“I am not talking about a necessary particle” is not the same as "I am talking about a non-necssary particle, polytropos. The second is your interpretation of what I say and it’s wrong.
I didn’t say that my interpretation was right, just that it was reasonable. (The rest of my post took into consideration that you aren’t claiming it is necessary.)
I make no claim as to the necessity or contingency of the particle. If I truly claimed it was contingent, then claiming the consistency of W1 would be equivalent to claiming there are no necessary beings, which, BTW, would not make my arguiment question-begging, but since I remain neutral about the necessity or contingency, so W1 is not equivalent to claiming there are no necssary beings.
You do make a claim about its necessity or contingency: that it is possible. Anything that is not impossible is either necessary or contingent. As such, anyone is free to produce a constructive dilemma based on whether the particle is necessary or contingent.
There is nothing doubtful about it.
I regard a claim that insists that a world with no necessary beings, without supporting argument against the existence of necessary beings, as doubtful. To claim that a necessary being exists is a weaker claim, since it is a claim about the existence of a single entity. A claim about a world with no necessary beings is a claim about
all future claims about necessary beings, and is as such a very strong claim. (Note this paragraph is about the conditional beginning with “If it’s contingent…”.)
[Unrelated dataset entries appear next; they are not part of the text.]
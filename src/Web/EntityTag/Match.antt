-- ===== src/Web/EntityTag/Match.antt =====
-- A client that asks again.
use mathlib.Core.Bool.{false≢true}
use goddd.Common.Text.{same_iff, same, Bytes}
use goddd.Web.EntityTag.{etag_body, etag_of, ignored, Answer, Request, Bytes, etag_handler}
use goddd.Common.{
  ◌&&◌, drop, not, ap, ◌∙◌, Bool-cases, sym, ◌∷◌, inr, inl, true, refl, ◌++◌, ◌≢◌, ◌⊎◌, [], ◌≡◌,
  Bool, List, some, false, ℕ,
}

abbrev drop_last : Bytes → Bytes
drop_last [] = []
drop_last (x ∷ []) = []
drop_last (x ∷ y ∷ zs) = x ∷ drop_last (y ∷ zs)

drop_last_lem : (xs : Bytes) (c : ℕ) → drop_last (xs ++ (c ∷ [])) ≡ xs
drop_last_lem [] c = refl
drop_last_lem (x ∷ []) c = refl
drop_last_lem (x ∷ y ∷ zs) c = ap (◌∷◌ x) (drop_last_lem (y ∷ zs) c)

-- Of the hashes in tags that are the same.
etag_of_injective :
    (hash : Bytes → Bytes) (xs ys : Bytes) → etag_of hash xs ≡ etag_of hash ys → hash xs ≡ hash ys
unfolding etag_of
etag_of_injective hash xs ys h =
    sym (drop_last_lem (hash xs) 34) ∙ ap (λ t. drop_last (drop 1 t)) h ∙ drop_last_lem (hash ys) 34

etag_of_ap :
    (hash : Bytes → Bytes) (xs ys : Bytes) → hash xs ≡ hash ys → etag_of hash xs ≡ etag_of hash ys
unfolding etag_of
etag_of_ap hash xs ys h = ap (λ t. 34 ∷ (t ++ (34 ∷ []))) h

-- The two tests of the header, where it holds a tag.
matches :
    (hash : Bytes → Bytes) (old body : Bytes) (c : Bool)
    → same (etag_of hash old) (etag_of hash body) ≡ c
    → (not (same (etag_of hash old) []) && same (etag_of hash old) (etag_of hash body)) ≡ c
unfolding etag_of same
matches hash old body c h = h

-- A client that sends the tag of an earlier answer gets, for the same bytes, the status 304 and no
-- bytes; for bytes with another hash it gets all of them, and no status is set.
pub etag_handler_lem :
    (hash : Bytes → Bytes) (fns : List (Request → Bool)) (r : Request) (pieces : List Bytes)
    (old : Bytes) (a : Answer)
    → ignored fns r ≡ false
    → r.if_none_match ≡ etag_of hash old
    → ((hash old ≡ hash (etag_body pieces []))
        × ((etag_handler hash fns r pieces a).status ≡ some 304)
        × ((etag_handler hash fns r pieces a).sent ≡ a.sent))
      ⊎ ((hash old ≢ hash (etag_body pieces []))
          × ((etag_handler hash fns r pieces a).status ≡ a.status)
          × ((etag_handler hash fns r pieces a).sent ≡ a.sent ++ etag_body pieces []))
unfolding etag_handler
etag_handler_lem hash fns r pieces old a i m =
    let body = etag_body pieces [] in
    elim (Bool-cases (same (etag_of hash old) (etag_of hash body))) [
      | inl b ↦
          (let equal = (same_iff (etag_of hash old) (etag_of hash body)).0 b in
            inl (
              etag_of_injective hash old body equal,
              rw i (rw m (rw (matches hash old body true b) refl)),
              rw i (rw m (rw (matches hash old body true b) refl)),
            ))
      | inr b ↦ inr (
        (λ e. false≢true (
            sym b
            ∙ (same_iff (etag_of hash old) (etag_of hash body)).1 (etag_of_ap hash old body e))),
        rw i (rw m (rw (matches hash old body false b) refl)),
        rw i (rw m (rw (matches hash old body false b) refl)),
      )
    ]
God is not traditionally called a particle.
Particles are not traditionally called nonphysical.
God is personal. I could add ‘non-personal’ or whatever. The point is that the particle I propose is far simpler as a hypothesis than God, so there is no reason why this much simpler hypothesis should not be possible whereas an outrageously complex hypothesis like God should be possible.
And keep in mind that I am not claiming the entity God is complex, I am claiming that the hypothesis “God” is far more complex than the hypothesis "an eternal particle.
Fair enough. I am not defending the modal ontological argument here, so I don’t care to argue that “God possibly exists” can be found a priori more likely than your particle.
I’d maintain that if the particle is contingent, then the consistency of W1 depends on the nonexistence of any proposed necessary being, in which case W1 is not a simple hypothesis at all. So unless it is argued that the particle is necessary, I do not find your argument convincing.
That said, it seems like I could also argue: Why not an arbitrary number of simple, eternal, nonphysical, necessary particles? (Or similarly simple hypothetical entities?) If any such entities were to exist, W1 would be inconsistent (I am now working on the conditional which begins with “If it’s necessary…”), since it asserts that only 1 exists. (I think a premise like “There is a possible world in which only God exists” is equally dubious, unless one were to argue for it based on other epistemically prior premises having to do with the nature of God, for it claims that God is the only necessary being, which is a strong claim about
every other proposed necessary being.)
As such, I find problems with either disjunct of “If the W1 is possible, then it is either contingent or necessary.” (Implicit or explicit) claims about necessary entities can be very strong, if they are to delimit the number of necessary entities in an argument that simply appeals to the consistency of a possible world. Therefore I find good reason to doubt the antecedent, that W1 is possible.